→ **Collected data**

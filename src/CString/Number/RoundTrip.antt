-- ===== src/CString/Number/RoundTrip.antt =====
-- `itoa` of kernel/string.c, and `atoi` after it.
use mathlib.Core.List.{reverse, reverse-cons, reverse-append, append_assoc}
use krnel.Base.{
  ℕ, zero, suc, ◌+◌, ◌-◌, ◌*◌, ◌/◌, ◌^◌, ◌≤◌, ◌<◌, ◌≡◌, refl, ◌∙◌, true, false, some, List, [], ◌∷◌,
  ◌++◌, arith, ap, ◌==◌, ltb, if◌then◌else◌, length, get_or, length-append, get_or_ext, Bool-cases,
  inl, inr,
}
use krnel.Base.Int.{ℤ, pos, negsuc, pos_part, neg_part}
use krnel.CString.{◌>>=◌}
use krnel.CString.Number.{
  swaps, length-swaps, get-swaps, digits, int_digits, reversed, itoa, is_digit, atoi_loop, negate,
  atoi,
}

length-reverse : (xs : List ℕ) → length (reverse xs) ≡ length xs
length-reverse [] = refl
length-reverse (x ∷ xs) =
    rw reverse-cons (omega (arith, length-append (reverse xs) (x ∷ []), length-reverse xs))

at : (m : List ℕ) (i j : ℕ) → i ≡ j → get_or m i 0 ≡ get_or m j 0
at m i j e = ap (λ k. get_or m k 0) e

get_or-append :
    (xs ys : List ℕ) (i : ℕ)
    → get_or (xs ++ ys) i 0
      ≡ (if ltb i (length xs) then get_or xs i 0 else get_or ys (i - length xs) 0)
get_or-append [] ys i = ground (arith, at ys (i - 0) i (omega arith))
get_or-append (x ∷ xs) ys zero = ground arith
get_or-append (x ∷ xs) ys (suc i) = ground (arith, get_or-append xs ys i)

get_or-reverse :
    (xs : List ℕ) (i : ℕ)
    → i < length xs
    → get_or (reverse xs) i 0 ≡ get_or xs (length xs - 1 - i) 0
get_or-reverse [] i h = absurd (omega arith)
get_or-reverse (x ∷ xs) i h = rw reverse-cons (
    get_or-append (reverse xs) (x ∷ []) i ∙ elim (Bool-cases (ltb i (length xs))) [
      | inl y ↦ ground (
        arith,
        length-reverse xs,
        get_or-reverse xs i,
        at (x ∷ xs) (suc (length xs) - 1 - i) (suc (length xs - 1 - i)) (ground arith),
      )
      | inr n ↦ ground (
        arith,
        length-reverse xs,
        at (x ∷ xs) (suc (length xs) - 1 - i) 0 (ground arith),
        at (x ∷ []) (i - length (reverse xs)) 0 (ground (arith, length-reverse xs)),
      )
    ])

-- The in-place loop over a whole text reverses it.
pub reversed-eq-reverse : (m : List ℕ) → reversed m ≡ reverse m
reversed-eq-reverse [] = unfold swaps in refl
reversed-eq-reverse (x ∷ xs) =
    get_or_ext (reversed (x ∷ xs)) (reverse (x ∷ xs)) 0
      (omega (
        arith,
        length-swaps (suc (length xs)) (x ∷ xs) 0 (suc (length xs) - 1),
        length-reverse (x ∷ xs),
      ))
      (λ i h.
        let h' : i < suc (length xs) =
          omega (arith, length-swaps (suc (length xs)) (x ∷ xs) 0 (suc (length xs) - 1)) in
        get-swaps (suc (length xs)) (x ∷ xs) 0 (suc (length xs) - 1) i (omega arith) (omega arith)
        ∙ ground (
          arith,
          get_or-reverse (x ∷ xs) i h',
          at (x ∷ xs) (0 + (suc (length xs) - 1) - i) (suc (length xs) - 1 - i) (omega arith),
        ))

abbrev pow10 : ℕ → ℕ
pow10 zero = 1
pow10 (suc n) = 10 * pow10 n

-- The number that the digits stand for, last digit first.
abbrev value : List ℕ → ℕ
value [] = 0
value (d ∷ ds) = (d - b'0') + 10 * value ds

abbrev Digits : List ℕ → Type 0
Digits [] = Unit {0}
Digits (d ∷ ds) = (b'0' ≤ d) × (d ≤ b'9') × Digits ds

digits-value :
    (f n : ℕ)
    → n < pow10 f
    → 0 < f
    → (value (digits f n) ≡ n) × Digits (digits f n) × (0 < length (digits f n))
unfolding digits
digits-value zero n h p = absurd (omega arith)
digits-value (suc zero) n h p = elim (Bool-cases (ltb 0 (n / 10))) [
  | inl y ↦ absurd (ground arith)
  | inr x ↦ rw x (omega arith, (omega arith, omega arith, tt), omega arith)
]
digits-value (suc (suc f)) n h p = elim (Bool-cases (ltb 0 (n / 10))) [
  | inl y ↦ rw y (
      let (v, ds, l) = digits-value (suc f) (n / 10) (omega arith) (omega arith) in
      (omega arith, (omega arith, omega arith, ds), omega arith))
  | inr x ↦ rw x (ground arith, (omega arith, omega arith, tt), omega arith)
]

atoi_loop-reverse :
    (ds z : List ℕ) (acc : ℕ)
    → Digits ds
    → atoi_loop acc (reverse ds ++ z) ≡ atoi_loop (acc * pow10 (length ds) + value ds) z
unfolding atoi_loop
atoi_loop-reverse [] z acc d = ap (λ n. atoi_loop n z) (omega arith)
atoi_loop-reverse (d ∷ ds) z acc (lo, hi, r) =
    let isd : is_digit d ≡ true = ground arith in
    rw (reverse-cons, append_assoc, atoi_loop-reverse ds (d ∷ z) acc r, isd)
      (ap (λ n. atoi_loop n z) (omega arith))

Digits-append : (xs ys : List ℕ) → Digits xs → Digits ys → Digits (xs ++ ys)
Digits-append [] ys d e = e
Digits-append (x ∷ xs) ys (lo, hi, d) e = (lo, hi, Digits-append xs ys d e)

Digits-reverse : (xs : List ℕ) → Digits xs → Digits (reverse xs)
Digits-reverse [] d = tt
Digits-reverse (x ∷ xs) (lo, hi, d) =
    rw reverse-cons (Digits-append (reverse xs) (x ∷ []) (Digits-reverse xs d) (lo, hi, tt))

atoi_unsigned :
    (xs z : List ℕ)
    → Digits xs
    → 0 < length xs
    → atoi (xs ++ z) ≡ (atoi_loop 0 (xs ++ z) >>= λ n. some (pos n))
unfolding atoi
atoi_unsigned [] z d l = absurd (omega arith)
atoi_unsigned (x ∷ xs) z (lo, hi, d) l = let w : (x == b'-') ≡ false = ground arith in rw w

loop_stop : (acc : ℕ) → atoi_loop acc (0 ∷ []) ≡ some acc
unfolding atoi_loop
loop_stop acc = refl

-- What the loop of `atoi` reads from the reversed digits of `n`.
atoi_loop-digits :
    (n : ℕ) → n < 2 ^ 31 → atoi_loop 0 (reverse (digits int_digits n) ++ 0 ∷ []) ≡ some n
atoi_loop-digits n lt =
    let (v, ds, l) = digits-value int_digits n (omega arith) (omega arith) in
    atoi_loop-reverse (digits int_digits n) (0 ∷ []) 0 ds
    ∙ loop_stop (0 * pow10 (length (digits int_digits n)) + value (digits int_digits n))
    ∙ ap some (omega arith)

atoi-pos : (n : ℕ) → n < 2 ^ 31 → atoi (itoa (pos n)) ≡ some (pos n)
unfolding itoa
atoi-pos n lt =
    let (v, ds, l) = digits-value int_digits n (omega arith) (omega arith) in
    rw (reversed-eq-reverse (digits int_digits n)) (
      atoi_unsigned (reverse (digits int_digits n)) (0 ∷ []) (Digits-reverse _ ds)
        (omega (arith, length-reverse (digits int_digits n)))
      ∙ ap (λ o. o >>= λ k. some (pos k)) (atoi_loop-digits n lt))

reverse-snoc : (xs : List ℕ) (x : ℕ) → reverse (xs ++ x ∷ []) ≡ x ∷ reverse xs
reverse-snoc xs x = reverse-append xs (x ∷ [])

atoi-neg : (n : ℕ) → suc n < 2 ^ 31 → atoi (itoa (negsuc n)) ≡ some (negsuc n)
unfolding itoa atoi
atoi-neg n lt =
    rw
      (
        reversed-eq-reverse (digits int_digits (suc n) ++ b'-' ∷ []),
        reverse-snoc (digits int_digits (suc n)) b'-',
      )
      (ap (λ o. o >>= λ k. some (negate k)) (atoi_loop-digits (suc n) lt))

-- `atoi` reads back what `itoa` writes, for every `int` but the least one.
pub atoi-itoa : (n : ℤ) → pos_part n < 2 ^ 31 → neg_part n < 2 ^ 31 → atoi (itoa n) ≡ some n
atoi-itoa (pos n) lt lt' = atoi-pos n lt
atoi-itoa (negsuc n) lt lt' = atoi-neg n lt'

→ **Task item**
Copy only this part of the entries above: the line with "unfolding digits", the line with "(ap (λ n. atoi_loop n z) (omega arith))", and the lines between, all exactly as written.

→ **Result for this exercise**
unfolding digits
digits-value zero n h p = absurd (omega arith)
digits-value (suc zero) n h p = elim (Bool-cases (ltb 0 (n / 10))) [
  | inl y ↦ absurd (ground arith)
  | inr x ↦ rw x (omega arith, (omega arith, omega arith, tt), omega arith)
]
digits-value (suc (suc f)) n h p = elim (Bool-cases (ltb 0 (n / 10))) [
  | inl y ↦ rw y (
      let (v, ds, l) = digits-value (suc f) (n / 10) (omega arith) (omega arith) in
      (omega arith, (omega arith, omega arith, ds), omega arith))
  | inr x ↦ rw x (ground arith, (omega arith, omega arith, tt), omega arith)
]

atoi_loop-reverse :
    (ds z : List ℕ) (acc : ℕ)
    → Digits ds
    → atoi_loop acc (reverse ds ++ z) ≡ atoi_loop (acc * pow10 (length ds) + value ds) z
unfolding atoi_loop
atoi_loop-reverse [] z acc d = ap (λ n. atoi_loop n z) (omega arith)
atoi_loop-reverse (d ∷ ds) z acc (lo, hi, r) =
    let isd : is_digit d ≡ true = ground arith in
    rw (reverse-cons, append_assoc, atoi_loop-reverse ds (d ∷ z) acc r, isd)
      (ap (λ n. atoi_loop n z) (omega arith))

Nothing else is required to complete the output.